ジェラルドも一度頭を冷やそうと立ち上がって扉に向かう。
「殿下、父が再婚約を許すとはとても思えません。父は今でもアメリアを辺境伯領の男と結婚させて手元に置きたいと考えています」
ヴィクトルがジェラルドの背中に向かって語りかける。
「王家から打診できない以上、婚約破棄をしたらアメリアとの結婚は難しいと考えた方がいいでしょう。それを防ぐためには、アメリアを領地から呼び寄せて話し合うべきです。それくらいしなければ、父が考えを変えるとはとても思えません」
ヴィクトルの言う通り、アメリアを領地から呼び寄せるのが最善だろう。ただ、その時間を辺境伯はジェラルドに与えるだろうか?
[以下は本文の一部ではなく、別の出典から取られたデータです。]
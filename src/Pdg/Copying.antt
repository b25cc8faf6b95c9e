-- ===== src/Pdg/Copying.antt =====
-- PDG.cpp: copyEdgesInto over all edges of a graph.
use mathlib.Core.List.{reverse, reverse-cons, append_assoc}
use noelle_public.Dg.Store.{Dg, Edge, DependenceKind}
use noelle_public.Dg.Node.{get_src, get_dst}
use noelle_public.Dg.Invariant.{IsValid}
use noelle_public.Dg.Build.{is_internal, is_external}
use noelle_public.Dg.Joining.{Grows, Grows-refl, Grows-trans}
use noelle_public.Dg.Description.{describe, describe_ends}
use noelle_public.Dg.Copying.{IsPlain}
use noelle_public.Pdg.Subgraph.{copy_edges_into}
use noelle_public.Pdg.Chosen.{crosses, is_chosen, chosen, touches}
use noelle_public.Pdg.Copies.{
  CopiesEdge, copy_edge_skipped, copy_edge_taken, attach_copy_lem, is_internal_same,
}
use noelle_public.Prelude.{
  ℕ, ◌≡◌, refl, sym, ◌∙◌, ap, inl, inr, Bool, true, false, not, ◌&&◌, ◌||◌, Option, some, List, [],
  ◌∷◌, ◌++◌, map, has, has-cons, ==_refl, arith, ◌>>=◌, Bool-cases,
}

-- The graph g' is g with copies of the edges `taken` of the old graph, the last one first.
pub record CopiesEdges (old : Dg) (taken : List ℕ) (g g' : Dg) : Type 0 where
  pub valid : IsValid g'
  pub grows : Grows g g'
  pub same_internal : g'.internal ≡ g.internal
  pub says :
      map (describe g') g'.all_edges
      ≡ reverse (map (describe old) taken) ++ map (describe g) g.all_edges
  pub externals :
      (t : ℕ)
      → is_external g' t ≡ (is_external g t || (not (is_internal g t) && touches old t taken))

copies_none : (old g : Dg) → IsValid g → CopiesEdges old [] g g
unfolding touches
copies_none old g v = record {
  valid = v;
  grows = Grows-refl g;
  same_internal = refl;
  says = refl;
  externals = λ t. ground arith;
}

copies_more :
    (old g h k : Dg) (e s t : ℕ) (taken : List ℕ)
    → get_src old e ≡ some s
    → get_dst old e ≡ some t
    → CopiesEdge old g e s t h
    → CopiesEdges old taken h k
    → CopiesEdges old (e ∷ taken) g k
unfolding touches is_internal
copies_more old g h k e s t taken src dst one rest = record {
  valid = rest.valid;
  grows = Grows-trans g h k one.grows rest.grows;
  same_internal = rest.same_internal ∙ one.same_internal;
  says =
      rest.says
      ∙ (ap (λ ds. reverse (map (describe old) taken) ++ ds) one.says
          ∙ (sym (append_assoc (reverse (map (describe old) taken)) (describe old e ∷ []) said)
              ∙ ap (λ ds. ds ++ said)
                  (sym (reverse-cons (describe old e) (map (describe old) taken)))));
  externals = λ u. ground (arith, rest.externals u, one.externals u, one.same_internal, src, dst);
}
  where
    said : List (Option (DependenceKind × Bool × ℕ × ℕ))
    said = map (describe g) g.all_edges

-- Whether an edge is taken, by the values of its ends.
pub is_chosen_lem :
    (inside : ℕ → Bool) (old : Dg) (link_to_external : Bool) (ignore : List ℕ) (e s t : ℕ)
    → get_src old e ≡ some s
    → get_dst old e ≡ some t
    → is_chosen inside old link_to_external ignore e
      ≡ (not (has e ignore) && crosses link_to_external (inside s) (inside t))
unfolding is_chosen
is_chosen_lem inside old link_to_external ignore e s t src dst = rw (src, is_chosen) (rw dst refl)

module _ (carried inside : ℕ → Bool) (old : Dg) (old_valid : IsValid old) (link_to_external : Bool)
    (ignore : List ℕ)
    (plain : (e : ℕ) (x : Edge)
      → has e old.all_edges ≡ true
      → old.edges e ≡ some x
      → IsPlain x) where
  pub copy_edges_into_lem :
      (es : List ℕ) (g : Dg)
      → IsValid g
      → ((t : ℕ) → is_internal g t ≡ inside t)
      → ((e : ℕ) → has e es ≡ true → has e old.all_edges ≡ true)
      → (g' : Dg) × (copy_edges_into carried old g link_to_external ignore es ≡ some g')
        × CopiesEdges old (chosen inside old link_to_external ignore es) g g'
  unfolding copy_edges_into chosen
  copy_edges_into_lem [] g v agree within = (g, refl, copies_none old g v)
  copy_edges_into_lem (e ∷ es) g v agree within =
      let member = within e (ground (arith, has-cons e e es, ==_refl e)) in
      let (x, s, t, at_e, src, dst, _) = describe_ends old e old_valid member in
      let taken = is_chosen_lem inside old link_to_external ignore e s t src dst in
      let inside_es = λ (d : ℕ) (l : has d es ≡ true). within d (ground (arith, has-cons d e es)) in
      let (g₁, run₁, rest₁) = copy_edges_into_lem es g v agree inside_es in
      elim (Bool-cases (has e ignore)) [
        | inl ignored ↦
            let left : is_chosen inside old link_to_external ignore e ≡ false =
              rw taken (rw ignored refl) in
            (g₁, rw ignored run₁, rw left rest₁)
        | inr regarded ↦ elim (Bool-cases (crosses link_to_external (inside s) (inside t))) [
          | inr out ↦
              let left : is_chosen inside old link_to_external ignore e ≡ false =
                rw taken (rw (regarded, out) refl) in
              (
                g₁,
                rw regarded (
                    rw (src, ◌>>=◌)
                      (rw (dst, ◌>>=◌)
                        (rw
                          (
                            copy_edge_skipped carried old g link_to_external e s t
                                (rw (agree s, agree t) out),
                            ◌>>=◌,
                          )
                          run₁))),
                rw left rest₁,
              )
          | inl in_part ↦
              let right : is_chosen inside old link_to_external ignore e ≡ true =
                rw taken (rw (regarded, in_part) refl) in
              let (h, run, one) =
                attach_copy_lem carried old g e s t old_valid v member (λ y l. plain e y member l)
                  src dst in
              let (g', run', rest) =
                copy_edges_into_lem es h one.valid
                  (λ u. is_internal_same g h u one.same_internal ∙ agree u) inside_es in
              (
                g',
                rw regarded (
                    rw (src, ◌>>=◌)
                      (rw (dst, ◌>>=◌)
                        (rw
                          (
                            copy_edge_taken carried old g link_to_external e s t
                                (rw (agree s, agree t) in_part),
                            ◌>>=◌,
                          )
                          (rw (run, ◌>>=◌) run')))),
                rw right (copies_more old g h g' e s t _ src dst one rest),
              )
        ]
      ]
「少し一人で考えてくる。ミカエル、何かあれば私室まで来てくれた」
ジェラルドはミカエルの応えを聞く前に執務室を出ていった。
「叔父上を捕まえるにはこの手紙だけでは心許ないな。叔父上の監視を強めた上で先にサモエド侯爵を抑える。その後、賭博場と武器庫、そこから出てきた証拠とともに叔父上から自白を引き出す。そんなところだろうか? 辺境伯はどう考える?」
サモエド侯爵さえ抑えてしまえば、計画を捻じ曲げてまで早めに謀反を実行しようとする者はいないだろう。謀反を起こすほどの人数を動かせる者が他にはいないのだ。手紙によると皇弟は受け身のようだし浮世離れしている人だから武人を率いることなど難しい。したがって、サモエド侯爵を拘束してしまえば、ゆっくり賭博場と武器庫を押さえても王都に危険はない。他の者に比べて侯爵については証拠が少なく強引な手段となってしまうが仕方ないだろう。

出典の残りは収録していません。